Konkret möchte sich die Clearingstelle EEG u.a. damit befassen, ob eine Umlagebefreiung nach § 61 Absatz 2 Nummer 3 EEG 2014 aufgrund einer vollständigen Eigenversorgung mit Strom aus Erneuerbaren Energien auch dann noch erfolgt, wenn ergänzend „Ökostrom“ über das Netz der allgemeinen Versorgung bezogen wird. Weiterhin wird die Clearingstelle EEG umfassend zur Auslegung des § 61 Absatz 2 Nummer 4 EEG 2014, der Ausnahmeregelungen für Kleinanlagen mit einer installierten Leistung von maximal 10 kWp, Stellung nehmen, insbesondere dazu, unter welchen Voraussetzungen mehrere PV-Anlagen als eine Gesamtanlage gelten und wie zu verfahren ist, wenn die 10 kWp-Grenze erst durch den Zubau neuer PV-Module zu einer vor dem 1. August 2014 in Betrieb genommenen Bestandsanlage überschritten wird. Daneben wird die Clearingstelle EEG den Fragen nachgehen, unter welchen Voraussetzungen auch bei Anlagen mit einer installierten Leistung von maximal 10 kWp eine messtechnische Erfassung des Eigenverbrauchs erforderlich ist. Zuletzt wird die Clearingstelle EEG im Hinblick auf die on § 61 Absatz 7 EEG 2014 verlangte Zeitgleichheit von Erzeugung und Verbrauch dazu Stellung nehmen, ob dies die Verwendung von registrierenden Leistungsmessungen erforderlich macht (RLM) und ob dies einer Umlagebefreiung beim Einsatz von Speichersystemen entgegensteht.

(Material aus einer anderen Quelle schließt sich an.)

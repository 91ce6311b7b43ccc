-- ===== src/Latch/Release.antt =====
-- `releaseSlot` keeps the agreement of nodes and locks, and does not panic.
mod Wake
use client_go.Base.{
  ℕ, ◌≡◌, ◌≢◌, refl, ◌∙◌, sym, ap, ◌⊎◌, inl, inr, true, false, Bool-cases, Option, none, some, List,
  [], ◌∷◌, Bytes, bytes_eq→eq,
}
use client_go.Latch.{Request, Lock, Latch, Woken, find_node, next_is, search_panics}
use client_go.Latch.Table.{Latches, update, release_slot, release_at, wake_lock, stale_lock}
use client_go.Latch.Queue.{Distinct}
use client_go.Latch.Queue.Released.{
  Released, release_latch-Released, release_latch_panics, owner_of, WaitedFor,
}
use client_go.Latch.Requests.{
  HasKey, InOrder, InOrder-acquire, InOrder-release, Routed, bytes_dec, last_is_new,
}
use client_go.Latch.Holders.{
  nat_dec, if_same, update_all, wanted_cases, slot, node_of, Owns, Holding, Owns-same,
}
use client_go.Latch.Release.Wake.{wake_old, wake_new, wake_cases, wake_all}

-- The locks when `releaseSlot` has given the key back.
abbrev pub gives_back : Latches → ℕ → Request → List Request → ℕ → Lock
gives_back s i r rest =
    update s.locks i (record (s.locks i) { acquired = rest; wanted = r ∷ (s.locks i).wanted })

stale_lock-InOrder :
    (l : Lock) (wanted : List Request)
    → l.wanted ≡ wanted
    → InOrder l.acquired wanted
    → InOrder (stale_lock l wanted).acquired (stale_lock l wanted).wanted
unfolding stale_lock
stale_lock-InOrder l [] e o = rw e o
stale_lock-InOrder l (r ∷ rest) e o = InOrder-acquire l.acquired r rest o

module _ (sum_32 : Bytes → ℕ) (size : ℕ) where
  stale_lock-Routed :
      (l : Lock) (wanted : List Request)
      → l.wanted ≡ wanted
      → Routed sum_32 size l.acquired × Routed sum_32 size wanted
      → Routed sum_32 size (stale_lock l wanted).acquired
        × Routed sum_32 size (stale_lock l wanted).wanted
  unfolding stale_lock
  stale_lock-Routed l [] e h = rw e h
  stale_lock-Routed l (r ∷ rest) e (ha, hw) = ((hw.0, ha), hw.1)

  module _ (s : Latches) (i : ℕ) (r : Request) (rest : List Request) (latch : Latch)
      (w : Option Woken) where
    abbrev given_back : ℕ → Lock
    given_back = gives_back s i r rest

    abbrev after : Latches
    after = record { slots = update s.slots r.slot_id latch; locks = wake_lock given_back w }

    abbrev Change : Type 0
    Change = Released (s.slots r.slot_id).queue latch.queue i r.key w

    Has : Holding sum_32 size s → (s.locks i).acquired ≡ r ∷ rest → Owns sum_32 size s i r.key
    Has h e = h.held i r.key (rw e (inl refl))

    -- No lock has the key that is given back.
    lost :
        Holding sum_32 size s
        → (s.locks i).acquired ≡ r ∷ rest
        → (j : ℕ) (k : Bytes) → HasKey (given_back j).acquired k
        → (r.key ≢ k) × HasKey (s.locks j).acquired k
    lost h e j k has = elim (nat_dec i j) [
      | inl same ↦
          let had : HasKey rest k = rw (if_same i j same) at has in
          let order : InOrder (r ∷ rest) (s.locks i).wanted = rw e at (h.ordered i) in
          (last_is_new r.key k rest order.below.0 had, rw (← same, e) (inr had))
      | inr other ↦
          let had : HasKey (s.locks j).acquired k = rw other at has in
          (
            λ same. cc (
              other,
              if_same i j (Owns-same sum_32 size s i j k (rw same at (Has h e)) (h.held j k had)),
            ),
            had,
          )
    ]

    keeps :
        (s.locks i).acquired ≡ r ∷ rest
        → (j : ℕ) (k : Bytes) → r.key ≢ k
        → HasKey (s.locks j).acquired k
        → HasKey (given_back j).acquired k
    keeps e j k apart has = elim (nat_dec i j) [
      | inr other ↦ rw other has
      | inl same ↦
          let had : HasKey (r ∷ rest) k = rw (← same, e) at has in
          elim had [ inl here ↦ absurd (apart here) | inr later ↦ rw (if_same i j same) later ]
    ]

    node_other :
        (k : Bytes) → Change → r.key ≢ k → node_of sum_32 size after k ≡ node_of sum_32 size s k
    node_other k change apart = elim (nat_dec r.slot_id (slot sum_32 size k)) [
      | inr other ↦ rw other refl
      | inl same ↦
          rw (if_same r.slot_id (slot sum_32 size k) same) (rw same at (change.other k apart))
    ]

    node_here :
        r.slot_id ≡ slot sum_32 size r.key
        → node_of sum_32 size after r.key ≡ find_node latch.queue r.key
    node_here routed = rw (if_same r.slot_id (slot sum_32 size r.key) routed) refl

    after-held :
        Holding sum_32 size s
        → (s.locks i).acquired ≡ r ∷ rest
        → r.slot_id ≡ slot sum_32 size r.key
        → Change
        → WaitedFor given_back r.key w
        → (j : ℕ) (k : Bytes) → HasKey (after.locks j).acquired k
        → Owns sum_32 size after j k
    after-held h e routed change waited j k has =
        elim (wake_cases given_back r.key w j k waited has) [
          | inl (owner, same) ↦
              let (n, found, own) = change.here in
              rw (← same) (n, node_here routed ∙ found, own ∙ owner)
          | inr had ↦
              let (apart, old) = lost h e j k had in
              let (n, found, own) = h.held j k old in (n, node_other k change apart ∙ found, own)
        ]

    after-owned :
        Holding sum_32 size s
        → (s.locks i).acquired ≡ r ∷ rest
        → r.slot_id ≡ slot sum_32 size r.key
        → Change
        → WaitedFor given_back r.key w
        → (j : ℕ) (k : Bytes) → Owns sum_32 size after j k
        → HasKey (after.locks j).acquired k
    after-owned h e routed change waited j k (n, found, own) = elim (bytes_dec r.key k) [
      | inl same ↦
          let (m, found', own') = change.here in
          let equal : some m ≡ some n =
            sym found' ∙ sym (node_here routed) ∙ (rw (← same) at found) in
          rw (← same) (wake_new given_back r.key w j waited (cc (equal, own, own')))
      | inr apart ↦
          wake_old given_back r.key w j k waited
            (keeps e j k apart (h.owned j k (n, sym (node_other k change apart) ∙ found, own)))
    ]

    given_back-InOrder :
        Holding sum_32 size s
        → (s.locks i).acquired ≡ r ∷ rest
        → (j : ℕ) → InOrder (given_back j).acquired (given_back j).wanted
    given_back-InOrder h e =
        update_all s.locks (λ (l : Lock). InOrder l.acquired l.wanted) i
          (record (s.locks i) { acquired = rest; wanted = r ∷ (s.locks i).wanted }) h.ordered
          (InOrder-release r rest (s.locks i).wanted (rw e at (h.ordered i)))

    given_back-Routed :
        Holding sum_32 size s
        → (s.locks i).acquired ≡ r ∷ rest
        → (j : ℕ)
        → Routed sum_32 size (given_back j).acquired × Routed sum_32 size (given_back j).wanted
    given_back-Routed h e =
        let routed : Routed sum_32 size (r ∷ rest) = rw e at (h.routed i).0 in
        update_all s.locks
          (λ (l : Lock). Routed sum_32 size l.acquired × Routed sum_32 size l.wanted) i
          (record (s.locks i) { acquired = rest; wanted = r ∷ (s.locks i).wanted }) h.routed
          (routed.1, (routed.0, (h.routed i).1))

    after-Holding :
        Holding sum_32 size s
        → (s.locks i).acquired ≡ r ∷ rest
        → r.slot_id ≡ slot sum_32 size r.key
        → Change
        → WaitedFor given_back r.key w
        → Holding sum_32 size after
    after-Holding h e routed change waited = record {
      distinct =
          update_all s.slots (λ (l : Latch). Distinct l.queue) r.slot_id latch h.distinct
            change.distinct;
      routed =
          wake_all given_back r.key
            (λ (l : Lock). Routed sum_32 size l.acquired × Routed sum_32 size l.wanted) w
            (given_back-Routed h e) (λ l. stale_lock-Routed l l.wanted refl);
      ordered =
          wake_all given_back r.key (λ (l : Lock). InOrder l.acquired l.wanted) w
            (given_back-InOrder h e) (λ l. stale_lock-InOrder l l.wanted refl);
      held = after-held h e routed change waited;
      owned = after-owned h e routed change waited;
    }

  pub release_slot-Holding :
      (s : Latches) (i : ℕ) (r : Request) (rest : List Request)
      → Holding sum_32 size s
      → (s.locks i).acquired ≡ r ∷ rest
      → search_panics (gives_back s i r rest) r.key (s.slots r.slot_id).waiting ≡ false
      → (s' : Latches) × ((w : Option Woken) × (release_slot s i ≡ some (s', w))
          × Holding sum_32 size s')
  unfolding release_slot release_at
  release_slot-Holding s i r rest h e fine =
      let before : Routed sum_32 size (r ∷ rest) = rw e at (h.routed i).0 in
      let routed : r.slot_id ≡ slot sum_32 size r.key = before.0 in
      let (n, found, own) = h.held i r.key (rw e (inl refl)) in
      let here : find_node (s.slots r.slot_id).queue r.key ≡ some n = rw routed found in
      let (latch, (w, runs, change, waited)) =
        release_latch-Released (gives_back s i r rest) (s.slots r.slot_id) i r.key
          (s.locks i).commit_ts n (h.distinct r.slot_id) here own fine in
      (
        after s i r rest latch w,
        (
          w,
          rw (e, release_at) (rw runs refl),
          after-Holding s i r rest latch w h e routed change waited,
        ),
      )

-- The panic of the search is that of `releaseSlot`.
pub release_slot_panics :
    (s : Latches) (i : ℕ) (r : Request) (rest : List Request)
    → (s.locks i).acquired ≡ r ∷ rest
    → search_panics (gives_back s i r rest) r.key (s.slots r.slot_id).waiting ≡ true
    → release_slot s i ≡ none
unfolding release_slot release_at
release_slot_panics s i r rest e panics =
    rw (e, release_at)
      (rw
        (release_latch_panics (gives_back s i r rest) (s.slots r.slot_id) i r.key
          (s.locks i).commit_ts panics)
        refl)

Hintergrund der Begrenzung der Verfahrensfragen

Dass die Clearingstelle EEG sich in dem Empfehlungsverfahren auf die dargestellten wenigen Einzelfragen beschränkt, hat den Hintergrund, dass ihre Zuständigkeit grundsätzlich auf Erneuerbare-Energien-Anlagen beschränkt ist, die Thematik der Eigenversorgung aber auch fossile Anlagen betrifft und somit auch in den Zuständigkeitsbereich der Bundesnetzagentur fällt. Diese hat auch bereits angekündigt, einen Leitfaden zur Anwendung und Auslegung des § 61 EEG 2014 zu veröffentlichen, in dem alle wesentlichen Fragen im Zusammenhang mit der Eigenversorgung abgehandelt werden sollen.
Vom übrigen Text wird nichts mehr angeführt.